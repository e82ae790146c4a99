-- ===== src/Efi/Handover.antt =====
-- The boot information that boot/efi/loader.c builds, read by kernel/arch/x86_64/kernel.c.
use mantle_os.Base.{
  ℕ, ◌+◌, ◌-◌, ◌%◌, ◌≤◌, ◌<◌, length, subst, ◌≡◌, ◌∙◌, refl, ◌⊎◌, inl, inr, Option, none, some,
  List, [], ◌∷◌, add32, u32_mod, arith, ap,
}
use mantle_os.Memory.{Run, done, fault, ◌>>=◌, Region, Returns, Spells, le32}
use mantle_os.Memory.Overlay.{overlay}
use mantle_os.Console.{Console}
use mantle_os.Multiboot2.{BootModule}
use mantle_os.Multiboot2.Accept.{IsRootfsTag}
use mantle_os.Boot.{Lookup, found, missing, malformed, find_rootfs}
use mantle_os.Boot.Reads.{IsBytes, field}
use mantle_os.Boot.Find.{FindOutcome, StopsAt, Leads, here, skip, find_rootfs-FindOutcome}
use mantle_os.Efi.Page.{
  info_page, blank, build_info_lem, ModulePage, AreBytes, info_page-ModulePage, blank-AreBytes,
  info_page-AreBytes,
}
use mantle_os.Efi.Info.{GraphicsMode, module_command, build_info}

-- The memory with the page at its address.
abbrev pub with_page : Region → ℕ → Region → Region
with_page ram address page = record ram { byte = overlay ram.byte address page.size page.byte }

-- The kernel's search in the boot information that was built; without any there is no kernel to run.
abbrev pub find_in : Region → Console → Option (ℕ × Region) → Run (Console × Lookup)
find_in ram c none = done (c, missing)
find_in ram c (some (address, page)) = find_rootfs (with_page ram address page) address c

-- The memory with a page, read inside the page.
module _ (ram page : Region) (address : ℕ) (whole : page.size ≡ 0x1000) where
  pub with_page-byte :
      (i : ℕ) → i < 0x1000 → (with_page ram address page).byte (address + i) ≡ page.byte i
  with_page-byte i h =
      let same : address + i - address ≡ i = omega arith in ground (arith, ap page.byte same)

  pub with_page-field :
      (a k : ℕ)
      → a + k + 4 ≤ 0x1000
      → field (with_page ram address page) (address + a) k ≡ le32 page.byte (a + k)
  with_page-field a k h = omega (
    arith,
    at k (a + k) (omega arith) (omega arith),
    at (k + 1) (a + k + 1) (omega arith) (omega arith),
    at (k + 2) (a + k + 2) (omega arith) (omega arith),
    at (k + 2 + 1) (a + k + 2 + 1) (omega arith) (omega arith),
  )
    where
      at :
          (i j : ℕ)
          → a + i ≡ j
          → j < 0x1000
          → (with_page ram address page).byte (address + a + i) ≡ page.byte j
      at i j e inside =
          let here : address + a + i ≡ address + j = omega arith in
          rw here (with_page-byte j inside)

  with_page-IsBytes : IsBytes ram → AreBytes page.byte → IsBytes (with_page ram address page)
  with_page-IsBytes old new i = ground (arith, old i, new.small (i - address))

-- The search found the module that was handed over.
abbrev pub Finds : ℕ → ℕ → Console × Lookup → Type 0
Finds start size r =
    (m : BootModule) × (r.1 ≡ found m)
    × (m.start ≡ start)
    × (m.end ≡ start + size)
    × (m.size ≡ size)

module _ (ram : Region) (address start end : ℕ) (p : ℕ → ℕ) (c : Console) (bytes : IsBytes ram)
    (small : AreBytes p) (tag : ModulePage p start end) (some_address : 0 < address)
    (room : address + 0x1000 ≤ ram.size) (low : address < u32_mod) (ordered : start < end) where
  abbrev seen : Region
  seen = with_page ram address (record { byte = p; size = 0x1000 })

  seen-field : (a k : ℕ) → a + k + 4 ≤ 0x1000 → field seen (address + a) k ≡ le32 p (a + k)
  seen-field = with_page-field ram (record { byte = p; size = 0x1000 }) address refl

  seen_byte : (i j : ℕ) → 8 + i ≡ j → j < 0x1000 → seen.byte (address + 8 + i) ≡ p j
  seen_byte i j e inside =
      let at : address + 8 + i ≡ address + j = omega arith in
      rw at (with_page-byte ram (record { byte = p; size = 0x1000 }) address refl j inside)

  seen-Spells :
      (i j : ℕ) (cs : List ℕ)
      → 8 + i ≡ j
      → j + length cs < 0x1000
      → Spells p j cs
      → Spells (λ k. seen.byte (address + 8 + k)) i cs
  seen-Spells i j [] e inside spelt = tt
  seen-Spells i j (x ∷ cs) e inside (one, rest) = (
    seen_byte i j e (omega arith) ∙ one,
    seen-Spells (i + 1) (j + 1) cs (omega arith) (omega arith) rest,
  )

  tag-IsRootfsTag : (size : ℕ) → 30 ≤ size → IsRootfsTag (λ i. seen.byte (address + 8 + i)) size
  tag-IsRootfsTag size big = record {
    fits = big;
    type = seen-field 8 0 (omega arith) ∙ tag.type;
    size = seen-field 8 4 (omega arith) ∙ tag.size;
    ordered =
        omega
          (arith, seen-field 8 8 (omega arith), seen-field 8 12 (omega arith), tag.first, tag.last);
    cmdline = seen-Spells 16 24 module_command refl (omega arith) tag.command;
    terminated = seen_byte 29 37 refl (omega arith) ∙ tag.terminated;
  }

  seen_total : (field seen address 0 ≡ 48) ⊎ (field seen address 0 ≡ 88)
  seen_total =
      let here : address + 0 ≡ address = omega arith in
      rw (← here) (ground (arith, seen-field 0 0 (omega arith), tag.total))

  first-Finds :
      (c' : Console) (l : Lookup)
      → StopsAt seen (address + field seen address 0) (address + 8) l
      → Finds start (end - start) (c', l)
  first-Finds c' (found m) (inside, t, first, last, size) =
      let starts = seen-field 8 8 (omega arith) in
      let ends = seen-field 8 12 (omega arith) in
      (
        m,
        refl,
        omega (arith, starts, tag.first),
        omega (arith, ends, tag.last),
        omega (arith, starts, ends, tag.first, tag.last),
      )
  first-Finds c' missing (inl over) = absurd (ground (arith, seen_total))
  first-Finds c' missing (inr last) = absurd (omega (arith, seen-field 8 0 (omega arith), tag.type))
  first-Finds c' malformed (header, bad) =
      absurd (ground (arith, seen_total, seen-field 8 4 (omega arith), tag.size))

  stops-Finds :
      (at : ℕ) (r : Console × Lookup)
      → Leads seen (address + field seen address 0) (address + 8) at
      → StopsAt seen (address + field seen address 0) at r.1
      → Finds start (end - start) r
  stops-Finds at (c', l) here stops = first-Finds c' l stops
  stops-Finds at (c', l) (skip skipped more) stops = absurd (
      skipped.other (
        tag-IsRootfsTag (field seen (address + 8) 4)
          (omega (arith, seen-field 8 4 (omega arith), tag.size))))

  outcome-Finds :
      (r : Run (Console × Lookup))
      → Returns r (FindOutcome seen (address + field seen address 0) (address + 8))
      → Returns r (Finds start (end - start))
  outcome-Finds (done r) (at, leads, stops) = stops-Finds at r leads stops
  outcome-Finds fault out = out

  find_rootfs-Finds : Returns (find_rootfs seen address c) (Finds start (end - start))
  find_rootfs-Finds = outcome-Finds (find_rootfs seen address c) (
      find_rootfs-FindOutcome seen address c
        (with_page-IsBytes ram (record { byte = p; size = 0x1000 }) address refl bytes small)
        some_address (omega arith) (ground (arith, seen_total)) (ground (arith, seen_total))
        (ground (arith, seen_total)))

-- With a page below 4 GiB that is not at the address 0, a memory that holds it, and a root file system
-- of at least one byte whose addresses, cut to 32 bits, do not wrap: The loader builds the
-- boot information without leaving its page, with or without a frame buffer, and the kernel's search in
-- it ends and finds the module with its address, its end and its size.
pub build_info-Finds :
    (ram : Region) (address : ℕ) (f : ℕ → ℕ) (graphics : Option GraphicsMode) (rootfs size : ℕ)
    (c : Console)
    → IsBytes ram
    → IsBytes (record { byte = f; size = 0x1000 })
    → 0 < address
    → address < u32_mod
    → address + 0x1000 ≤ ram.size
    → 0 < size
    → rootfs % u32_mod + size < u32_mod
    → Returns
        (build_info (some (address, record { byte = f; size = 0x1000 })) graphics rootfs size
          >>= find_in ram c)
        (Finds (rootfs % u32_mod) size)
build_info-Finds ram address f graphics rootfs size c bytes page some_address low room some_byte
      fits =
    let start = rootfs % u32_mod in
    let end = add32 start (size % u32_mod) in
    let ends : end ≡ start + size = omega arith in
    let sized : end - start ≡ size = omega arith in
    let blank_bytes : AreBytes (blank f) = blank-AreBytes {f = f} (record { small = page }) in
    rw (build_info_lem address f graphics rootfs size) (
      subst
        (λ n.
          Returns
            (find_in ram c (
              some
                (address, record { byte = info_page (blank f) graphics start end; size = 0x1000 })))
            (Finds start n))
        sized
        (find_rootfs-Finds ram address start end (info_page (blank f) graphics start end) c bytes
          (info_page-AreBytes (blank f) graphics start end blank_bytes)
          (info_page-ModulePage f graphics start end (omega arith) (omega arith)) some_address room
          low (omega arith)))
----------------------------------------
Required action: The exercise is to copy out every line above that has the word "kernel" in it.

Response to the exercise:
-- The boot information that boot/efi/loader.c builds, read by kernel/arch/x86_64/kernel.c.
-- The kernel's search in the boot information that was built; without any there is no kernel to run.
-- boot information without leaving its page, with or without a frame buffer, and the kernel's search in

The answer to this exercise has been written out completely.